Wyoming’s new "split-estate" law was meant to
give property owners more control over energy development on land
where the underlying minerals are owned by someone else, usually
the federal government. Now, the law has hit a huge obstacle
— the Bush administration.
Years of lobbying by
ranchers and environmentalists persuaded the Legislature to pass
the law in February (HCN, 2/7/05: Split-estate rebellion: Ranchers
take on energy developers). It was intended to help landowners
protect about 12.5 million acres of private land on which the
federal Bureau of Land Management controls the vast majority of oil
and gas leasing.
The state split-estate law holds energy
companies to much tougher standards than does the BLM. It requires
companies to pay landowners for any loss of income or "loss of land
value" caused by drilling, for instance. That broad definition
covers impacts to all aspects of ranching and farming, as well as
to dude ranches, bed-and-breakfasts, and hunting and fishing
operations, says Laurie Goodman, president of the Landowners
Association of Wyoming, which pushed for the law.
The
BLM, by comparison, requires companies to pay landowners only for
damages to crops or to land improvements, such as stock ponds.
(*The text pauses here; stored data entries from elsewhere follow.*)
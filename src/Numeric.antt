-- ===== src/Numeric.antt =====
-- numeric/int64.go: integers as the values of tokens, whose bytes can be compared.
pub mod Float
use textiplex.Prelude.{
  ℕ, zero, suc, ◌+◌, ◌-◌, ◌*◌, ◌/◌, ◌%◌, ◌^◌, ◌<◌, ◌≡◌, refl, sym, ap, ◌∙◌, false, [], ◌∷◌, ◌++◌,
  compare, Ordering, length, length-append, ltb, leb, lt→ltb, if◌then◌else◌, arith,
}
use textiplex.Prelude.Int.{ℤ, pos, negsuc}
use textiplex.Bytes.{Bytes, compare_bytes}

-- `uint64` of an `int64`.
unfoldable pub uint64 : ℤ → ℕ
uint64 (pos n) = n % 2 ^ 64
uint64 (negsuc n) = 2 ^ 64 - 1 - n

-- `int64` of a `uint64`.
unfoldable pub int64 : ℕ → ℤ
int64 u = if ltb u (2 ^ 63) then pos u else negsuc (2 ^ 64 - 1 - u)

-- `u ^ (1<<63)`, which adds the highest bit without a carry.
abbrev pub flip_sign : ℕ → ℕ
flip_sign u = (u + 2 ^ 63) % 2 ^ 64

-- The first `k` bytes of `binary.BigEndian.PutUint64`.
unfoldable pub put_uint : ℕ → ℕ → Bytes
put_uint zero u = []
put_uint (suc k) u = put_uint k (u / 256) ++ u % 256 ∷ []

-- `binary.BigEndian.Uint64`
unfoldable pub read_uint : ℕ → Bytes → ℕ
read_uint acc [] = acc
read_uint acc (b ∷ bs) = read_uint (acc * 256 + b) bs

unfoldable pub put_sortable_integer : ℤ → Bytes
put_sortable_integer v = put_uint 8 (flip_sign (uint64 v))

unfoldable pub decode_integer : Bytes → ℤ
decode_integer src = int64 (flip_sign (read_uint 0 src))

abbrev pub IsInt64 : ℤ → Type 0
IsInt64 (pos n) = n < 2 ^ 63
IsInt64 (negsuc n) = n < 2 ^ 63

-- The order of the integers.
unfoldable pub compare_int : ℤ → ℤ → Ordering
compare_int (pos m) (pos n) = compare m n
compare_int (pos m) (negsuc n) = Ordering.gt
compare_int (negsuc m) (pos n) = Ordering.lt
compare_int (negsuc m) (negsuc n) = compare n m

-- What is left of a number above its last `k` bytes.
pub above : ℕ → ℕ → ℕ
above zero u = u
above (suc k) u = above k (u / 256)

length-put_uint : (k u : ℕ) → length (put_uint k u) ≡ k
unfolding put_uint
length-put_uint zero u = refl
length-put_uint (suc k) u =
    omega (arith, length-append (put_uint k (u / 256)) (u % 256 ∷ []), length-put_uint k (u / 256))

compare_snoc :
    (xs ys : Bytes) (a b : ℕ)
    → length xs ≡ length ys
    → compare_bytes (xs ++ a ∷ []) (ys ++ b ∷ []) ≡ (elim (compare_bytes xs ys) [
      | Ordering.lt ↦ Ordering.lt
      | Ordering.eq ↦ compare a b
      | Ordering.gt ↦ Ordering.gt
    ])
unfolding compare_bytes
compare_snoc [] [] a b h = ground arith
compare_snoc [] (y ∷ ys) a b h = absurd (omega (arith, h))
compare_snoc (x ∷ xs) [] a b h = absurd (omega (arith, h))
compare_snoc (x ∷ xs) (y ∷ ys) a b h = ground (arith, compare_snoc xs ys a b (omega (arith, h)))

pub compare-put_uint :
    (k u v : ℕ) → above k u ≡ above k v → compare_bytes (put_uint k u) (put_uint k v) ≡ compare u v
unfolding put_uint above compare_bytes
compare-put_uint zero u v h = ground (arith, h)
compare-put_uint (suc k) u v h =
    let same = length-put_uint k (u / 256) ∙ sym (length-put_uint k (v / 256)) in
    rw
      (
        compare_snoc (put_uint k (u / 256)) (put_uint k (v / 256)) (u % 256) (v % 256) same,
        compare-put_uint k (u / 256) (v / 256) h,
      )
      (split u v)
  where
    split :
        (u v : ℕ)
        → (elim (compare (u / 256) (v / 256)) [
          | Ordering.lt ↦ Ordering.lt
          | Ordering.eq ↦ compare (u % 256) (v % 256)
          | Ordering.gt ↦ Ordering.gt
        ])
          ≡ compare u v
    split u v = ground arith

read_uint-snoc :
    (acc : ℕ) (xs : Bytes) (a : ℕ) → read_uint acc (xs ++ a ∷ []) ≡ read_uint acc xs * 256 + a
unfolding read_uint
read_uint-snoc acc [] a = refl
read_uint-snoc acc (x ∷ xs) a = read_uint-snoc (acc * 256 + x) xs a

pub read_uint-put_uint : (k u : ℕ) → above k u ≡ 0 → read_uint 0 (put_uint k u) ≡ u
unfolding put_uint read_uint above
read_uint-put_uint zero u h = sym h
read_uint-put_uint (suc k) u h =
    omega
      (arith, read_uint-snoc 0 (put_uint k (u / 256)) (u % 256), read_uint-put_uint k (u / 256) h)

pub above_lem : (u : ℕ) → u < 2 ^ 64 → above 8 u ≡ 0
unfolding above
above_lem u h = omega (arith, h)

flip_sign_twice : (u : ℕ) → u < 2 ^ 64 → flip_sign (flip_sign u) ≡ u
flip_sign_twice u h = omega (arith, h)

uint64-lt : (v : ℤ) → uint64 v < 2 ^ 64
unfolding uint64
uint64-lt (pos n) = omega arith
uint64-lt (negsuc n) = omega arith

int64-uint64 : (v : ℤ) → IsInt64 v → int64 (uint64 v) ≡ v
unfolding int64 uint64
int64-uint64 (pos n) h =
    let same : n % 2 ^ 64 ≡ n = omega (arith, h) in rw (same, lt→ltb n (2 ^ 63) h) refl
int64-uint64 (negsuc n) h =
    let high : ltb (2 ^ 64 - 1 - n) (2 ^ 63) ≡ false = ground (arith, h) in
    let same : 2 ^ 64 - 1 - (2 ^ 64 - 1 - n) ≡ n = omega (arith, h) in rw high (ap negsuc same)

-- `DecodeInteger` of the bytes that `PutSortableInteger` writes is the integer, for every
-- integer of 64 bits.
pub decode_integer-put_sortable_integer :
    (v : ℤ) → IsInt64 v → decode_integer (put_sortable_integer v) ≡ v
unfolding decode_integer put_sortable_integer
decode_integer-put_sortable_integer v h =
    ap (λ u. int64 (flip_sign u))
      (read_uint-put_uint 8 (flip_sign (uint64 v)) (above_lem _ (omega arith)))
    ∙ ap int64 (flip_sign_twice (uint64 v) (uint64-lt v))
    ∙ int64-uint64 v h

ordered :
    (a b : ℤ)
    → IsInt64 a
    → IsInt64 b
    → compare (flip_sign (uint64 a)) (flip_sign (uint64 b)) ≡ compare_int a b
unfolding uint64 compare_int
ordered (pos m) (pos n) h k = ground (arith, h, k)
ordered (pos m) (negsuc n) h k = ground (arith, h, k)
ordered (negsuc m) (pos n) h k = ground (arith, h, k)
ordered (negsuc m) (negsuc n) h k = ground (arith, h, k)

-- The bytes that `PutSortableInteger` writes for two integers of 64 bits are in the order of
-- the integers, negative ones included.
pub compare_bytes-put_sortable_integer :
    (a b : ℤ)
    → IsInt64 a
    → IsInt64 b
    → compare_bytes (put_sortable_integer a) (put_sortable_integer b) ≡ compare_int a b
unfolding put_sortable_integer
compare_bytes-put_sortable_integer a b h k =
    compare-put_uint 8 (flip_sign (uint64 a)) (flip_sign (uint64 b))
      (above_lem _ (omega arith) ∙ sym (above_lem _ (omega arith)))
    ∙ ordered a b h k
In a
June 13 letter to Wyoming officials, Kathleen Clarke, head of the
BLM, said the state law imposes "inappropriate ... economic
burdens" and potential delays on companies. So, she concluded, the
state law should not apply to private lands where the BLM handles
oil and gas leasing.
But Wyoming Attorney General Pat
Crank vows to enforce the state law on those private lands, even if
it means court battles. Crank says Wyoming "doesn’t need
Clarke to tell us what is and isn’t reasonable."